**Extracted records:**

○ ○ ○

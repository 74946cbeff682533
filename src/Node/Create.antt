-- ===== src/Node/Create.antt =====
-- `CFSNode._create_in_cfs_ine` of rtslib/node.py in each of its modes.
use rtslib_fb.Prelude.{
  ◌≡◌, true, false, Option-cases, inl, inr, Option, none, some, Result, ok, err, rtslib_error,
  not_in_cfs, if◌then◌else◌, arith,
}
use rtslib_fb.Cfs.{
  FsPath, path_eq, parent, Fs, is_dir_in, Kernel, World, is_dir, listdir, mkdir, rmdir,
}
use rtslib_fb.Cfs.Laws.{RemovesDirectories}
use rtslib_fb.Node
use rtslib_fb.Node.{
  Mode, any, lookup, create, invalid, core_dir, exists, create_in_cfs_ine, check_self,
}

module _ ⦃k : Kernel⦄ where
  pub check_self_there :
      (p : FsPath) (w : World) → is_dir_in p w.fs ≡ true → check_self p w ≡ (ok tt, w)
  unfolding check_self exists is_dir
  check_self_there p w h = ground arith

  -- What each mode makes of an object that is there, and of one that is not.
  abbrev pub of_present : Mode → Result (Unit {0})
  of_present any = ok tt
  of_present lookup = ok tt
  of_present create = err (rtslib_error "This object already exists in configFS")
  of_present invalid = err (rtslib_error "Invalid mode")

  abbrev pub of_mkdir : World → Option Fs → Result (Unit {0}) × World
  of_mkdir w none = (err (rtslib_error "Could not create object in configFS"), w)
  of_mkdir w (some fs') = (ok tt, record w { fs = fs' })

  abbrev pub of_absent : Mode → FsPath → World → Result (Unit {0}) × World
  of_absent any p w = of_mkdir w (k.mkdir p w.fs)
  of_absent create p w = of_mkdir w (k.mkdir p w.fs)
  of_absent lookup p w = (err not_in_cfs, w)
  of_absent invalid p w = (err (rtslib_error "Invalid mode"), w)

  -- For an object that does not stand directly below `core`, which is there: `any` and `lookup` take
  -- one that is there and `create` refuses it, and nothing changes; where there is none `any` and
  -- `create` make it or report that they cannot, and `lookup` raises; any other mode is refused.
  pub create_in_cfs_ine_lem :
      (p : FsPath) (m : Mode) (w : World)
      → is_dir_in core_dir w.fs ≡ true
      → path_eq (parent p) core_dir ≡ false
      → create_in_cfs_ine p m w ≡ (if is_dir_in p w.fs then (of_present m, w) else of_absent m p w)
  unfolding create_in_cfs_ine exists is_dir mkdir
  create_in_cfs_ine_lem p any w core other = ground arith
  create_in_cfs_ine_lem p lookup w core other = ground arith
  create_in_cfs_ine_lem p invalid w core other = ground arith
  create_in_cfs_ine_lem p create w core other = ground arith

  -- In no mode does the call touch anything but the file system.
  pub create_in_cfs_ine-bs_cache :
      (p : FsPath) (m : Mode) (r : Result (Unit {0})) (w w' : World)
      → create_in_cfs_ine p m w ≡ (r, w')
      → w'.bs_cache ≡ w.bs_cache
  unfolding create_in_cfs_ine exists is_dir listdir mkdir rmdir
  create_in_cfs_ine-bs_cache p any r w w' h = ground arith
  create_in_cfs_ine-bs_cache p lookup r w w' h = ground arith
  create_in_cfs_ine-bs_cache p invalid r w w' h = ground arith
  create_in_cfs_ine-bs_cache p create r w w' h = ground arith

-- A directory that `mkdir` makes is there.
abbrev pub MakesDirectories : Kernel → Type 0
MakesDirectories k = (p : FsPath) (fs fs' : Fs) → k.mkdir p fs ≡ some fs' → is_dir_in p fs' ≡ true

module _ ⦃k : Kernel⦄ where
  -- With a kernel whose mkdir makes the directory: after a call that does not raise, whatever
  -- its mode, the object is in configFS.
  pub exists-create_in_cfs_ine :
      (p : FsPath) (m : Mode) (w w' : World)
      → MakesDirectories k
      → create_in_cfs_ine p m w ≡ (ok tt, w')
      → exists p w' ≡ (ok true, w')
  unfolding create_in_cfs_ine exists is_dir listdir mkdir rmdir
  exists-create_in_cfs_ine p any w w' law h = ground (arith, law p w.fs w'.fs)
  exists-create_in_cfs_ine p lookup w w' law h = ground (arith)
  exists-create_in_cfs_ine p invalid w w' law h = ground (arith)
  exists-create_in_cfs_ine p create w w' law h = elim (Option-cases (k.rmdir p w.fs)) [
    | inl fails ↦ ground (arith, law p w.fs w'.fs)
    | inr (fs, removed) ↦ ground (arith, law p w.fs w'.fs, law p fs w'.fs)
  ]

  -- A check and a lookup change nothing.
  pub check_self_lem : (p : FsPath) (w w' : World) → check_self p w ≡ (ok tt, w') → w' ≡ w
  unfolding check_self exists is_dir
  check_self_lem p w w' h = ground arith

  pub create-lookup_lem :
      (p : FsPath) (w w' : World) → create_in_cfs_ine p lookup w ≡ (ok tt, w') → w' ≡ w
  unfolding create_in_cfs_ine exists is_dir
  create-lookup_lem p w w' h = ground arith

  -- What a deletion leaves.
  pub delete-is_dir_in :
      RemovesDirectories k
      → (p : FsPath) (w w' : World) → Node.delete p w ≡ (ok tt, w')
      → is_dir_in p w'.fs ≡ false
  unfolding Node.delete exists is_dir rmdir
  delete-is_dir_in law p w w' h = ground (arith, law.removes p w.fs w'.fs)

  pub delete-is_dir_in_ne :
      RemovesDirectories k
      → (p q : FsPath) (w w' : World) → Node.delete p w ≡ (ok tt, w')
      → is_dir_in q w.fs ≡ false
      → is_dir_in q w'.fs ≡ false
  unfolding Node.delete exists is_dir rmdir
  delete-is_dir_in_ne law p q w w' h gone = ground (arith, law.makes_none p q w.fs w'.fs)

○ ○ ○

**WHAT THE TASK REQUIRES:**
Copy from the entries above each line in which the string "antt" can be found.

**ANSWER BOX:**
filename src/Node/Create.antt
-- ===== src/Node/Create.antt =====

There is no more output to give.